Execute in transaction A:

UPDATE table SET name = 'javaHuang' WHERE age = 4; SELECT * FROM table WHERE age = 4 FOR UPDATE; Both statements lock the ranges (2,4], (4,7). That is, InnoDB acquires a temporary key lock for the row and a gap lock for the next interval of the row.Copy the code

In order to solve the illusion problem innoDB in RR isolation level, temporary key lock is introduced.

If the isolation level of the transaction is downgraded to RC, the temporary key lock will also fail.

A deadlock

A deadlock is a situation in which two or more transactions are waiting for each other during execution because they compete for lock resources

This is the normal scenario for deadlocks.

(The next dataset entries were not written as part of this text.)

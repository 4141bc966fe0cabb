-- ===== src/Drm/Stream/Sequence.antt =====
-- Lists of chunks with the same bytes, fed to the stream.
use mediaflow_proxy_light.Base.{
  ◌≡◌, refl, sym, ap, ◌∙◌, Bool, true, false, List, [], ◌∷◌, ◌++◌, append-nil, append_assoc, Option,
  none, some, if◌then◌else◌, is_empty, Bytes, Bool-cases, inl, inr, Outcome, done, panic, stuck,
  ◌>>=◌,
}
use mediaflow_proxy_light.Drm.Cipher.{Ciphers}
use mediaflow_proxy_light.Drm.Decrypter.{Mp4Decrypter, new_decrypter}
use mediaflow_proxy_light.Drm.Keys.{build_key_map_from_hex}
use mediaflow_proxy_light.Drm.Stream.{
  Stream, feed, feed_all, new_stream, prime, Yielded, ended, failed, drm_error,
  decrypt_segment_streaming,
}
use mediaflow_proxy_light.Drm.Stream.Fuel.{IsBetween}
use mediaflow_proxy_light.Drm.Stream.Joined.{
  joined, joined-append, flat, before, before_twice, prefixed, flat-prefixed,
}
use mediaflow_proxy_light.Drm.Stream.Boxes.{then_feed}
use mediaflow_proxy_light.Drm.Stream.Chunks.{feed_splits}

module _ (c : Ciphers) where
  -- What follows after bytes and a state.
  abbrev and_then :
      (Stream → Outcome (List Bytes × Stream)) → Outcome (Bytes × Stream) → Outcome (Bytes × Stream)
  and_then more (done (out, s)) = before out (flat (more s))
  and_then more panic = panic
  and_then more stuck = stuck

  feed_all_cons :
      (s : Stream) (x : Bytes) (rest : List Bytes)
      → flat (feed_all c s (x ∷ rest)) ≡ and_then (λ t. feed_all c t rest) (flat (feed c s x))
  unfolding feed_all
  feed_all_cons s x rest = of_feed (feed c s x)
    where
      of_feed :
          (o : Outcome (List Bytes × Stream))
          → flat (o >>= λ r. prefixed r.0 (feed_all c r.1 rest))
            ≡ and_then (λ t. feed_all c t rest) (flat o)
      of_feed (done (out, t)) = flat-prefixed out (feed_all c t rest)
      of_feed panic = refl
      of_feed stuck = refl

  -- Two chunks at the front may be one.
  feed_all_merged :
      (s : Stream) (x y : Bytes) (rest : List Bytes)
      → IsBetween s
      → flat (feed_all c s ((x ++ y) ∷ rest)) ≡ flat (feed_all c s (x ∷ y ∷ rest))
  feed_all_merged s x y rest between =
      feed_all_cons s (x ++ y) rest
      ∙ ap (and_then (λ t. feed_all c t rest)) (feed_splits c y s x between)
      ∙ of_feed (feed c s x)
      ∙ sym (feed_all_cons s x (y ∷ rest))
    where
      second :
          (out : List Bytes) (o : Outcome (Bytes × Stream))
          → and_then (λ t. feed_all c t rest) (before (joined out) o)
            ≡ before (joined out) (and_then (λ t. feed_all c t rest) o)
      second out (done (more, t)) = sym (before_twice (joined out) more (flat (feed_all c t rest)))
      second out panic = refl
      second out stuck = refl

      of_feed :
          (o : Outcome (List Bytes × Stream))
          → and_then (λ t. feed_all c t rest) (then_feed c y o)
            ≡ and_then (λ t. feed_all c t (y ∷ rest)) (flat o)
      of_feed (done (out, t)) =
          second out (flat (feed c t y)) ∙ ap (before (joined out)) (sym (feed_all_cons t y rest))
      of_feed panic = refl
      of_feed stuck = refl

  feed_all_as_one :
      (s : Stream) (x : Bytes) (rest : List Bytes)
      → IsBetween s
      → flat (feed_all c s (x ∷ rest)) ≡ flat (feed_all c s ((x ++ joined rest) ∷ []))
  feed_all_as_one s x [] between = ap (λ t. flat (feed_all c s (t ∷ []))) (sym (append-nil x))
  feed_all_as_one s x (y ∷ rest) between =
      sym (feed_all_merged s x y rest between)
      ∙ feed_all_as_one s (x ++ y) rest between
      ∙ ap (λ t. flat (feed_all c s (t ∷ []))) (append_assoc x y (joined rest))

  -- The bytes that the boxes give out, the state that it ends in and whether it panics do not depend on
  -- where its bytes are cut into chunks: two lists of chunks, one at least in each, with the same bytes
  -- give the same.
  pub feed_all_chunks :
      (d : Mp4Decrypter) (x y : Bytes) (xs ys : List Bytes)
      → joined (x ∷ xs) ≡ joined (y ∷ ys)
      → flat (feed_all c (new_stream c d) (x ∷ xs)) ≡ flat (feed_all c (new_stream c d) (y ∷ ys))
  feed_all_chunks d x y xs ys same =
      feed_all_as_one (new_stream c d) x xs tt
      ∙ ap (λ t. flat (feed_all c (new_stream c d) (t ∷ []))) same
      ∙ sym (feed_all_as_one (new_stream c d) y ys tt)

-- What the consumer has received: nothing but the error for a missing key, or bytes, and whether the
-- upstream's error came behind them.
abbrev pub received : Outcome Yielded → Outcome (Option (Bool × Bytes))
received (done (ended chunks)) = done (some (false, joined chunks))
received (done (failed chunks)) = done (some (true, joined chunks))
received (done drm_error) = done none
received panic = panic
received stuck = stuck

module _ (c : Ciphers) (hex_decode : Bytes → Option Bytes) where
  closing : Bool → List Bytes → Outcome (Bytes × Stream) → Outcome (Option (Bool × Bytes))
  closing fails first (done (out, s)) = done (some (fails, joined first ++ out))
  closing fails first panic = panic
  closing fails first stuck = stuck

  received-closing :
      (fails : Bool) (first : List Bytes) (o : Outcome (List Bytes × Stream))
      → received (o >>= λ q. done (if fails then failed (first ++ q.0) else ended (first ++ q.0)))
        ≡ closing fails first (flat o)
  unfolding closing
  received-closing true first (done (out, s)) =
      ap (λ t. done (some (true, t))) (joined-append first out)
  received-closing false first (done (out, s)) =
      ap (λ t. done (some (false, t))) (joined-append first out)
  received-closing fails first panic = refl
  received-closing fails first stuck = refl

  -- What the consumer of the decrypted stream receives does not depend on where the upstream cuts its
  -- bytes into chunks: two lists of chunks, one at least in each, with the same bytes give the
  -- same bytes, the same end or error, and the same panics.
  pub decrypt_segment_streaming_chunks :
      (init_bytes key_id key : Bytes) (include_init fails : Bool) (x y : Bytes) (xs ys : List Bytes)
      → joined (x ∷ xs) ≡ joined (y ∷ ys)
      → received
          (decrypt_segment_streaming c hex_decode init_bytes (x ∷ xs) fails key_id key include_init)
        ≡ received (
            decrypt_segment_streaming c hex_decode init_bytes
              (y ∷ ys)
              fails
              key_id
              key
              include_init)
  unfolding decrypt_segment_streaming
  decrypt_segment_streaming_chunks init_bytes key_id key include_init fails x y xs ys same =
      let key_map = build_key_map_from_hex hex_decode key_id key in
      elim (Bool-cases (is_empty key_map)) [
        | inl missing ↦ rw missing refl
        | inr present ↦
            rw present (primed (prime c init_bytes include_init (new_decrypter key_map)))
      ]
    where
      primed :
          (o : Outcome (List Bytes × Mp4Decrypter))
          → received (
              o >>= λ r. feed_all c (new_stream c r.1) (x ∷ xs) >>= λ q.
              done (if fails then failed (r.0 ++ q.0) else ended (r.0 ++ q.0)))
            ≡ received (
                o >>= λ r. feed_all c (new_stream c r.1) (y ∷ ys) >>= λ q.
                done (if fails then failed (r.0 ++ q.0) else ended (r.0 ++ q.0)))
      primed (done r) =
          received-closing fails r.0 (feed_all c (new_stream c r.1) (x ∷ xs))
          ∙ ap (closing fails r.0) (feed_all_chunks c r.1 x y xs ys same)
          ∙ sym (received-closing fails r.0 (feed_all c (new_stream c r.1) (y ∷ ys)))
      primed panic = refl
      primed stuck = refl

So how do you solve deadlocks?

1. Wait until the transaction times out and roll back the transaction.

2. Perform deadlock checking to proactively roll back a transaction so that another transaction can continue.

Here is a way to resolve the deadlock state:

SELECT * FROM INFORMATION_SCHEMA.INNODB_TRX; View the transactions being lockedCopy the code

Kill trx_mysql_thread_id; -- (trx_mysql_thread_ID)Copy the code

Deadlocks are a very complicated topic, so I’ll just cut it short here, and I’ll write a follow-up article on deadlocks.

conclusion

Through this article, I have roughly understood the functions, functions, implementation and solutions of most of the mysql locks. I want to be a Java development engineer, knowing this level should be enough. After all, we are not DBAs, otherwise it would not be good to know too much and rob the DBA’s job.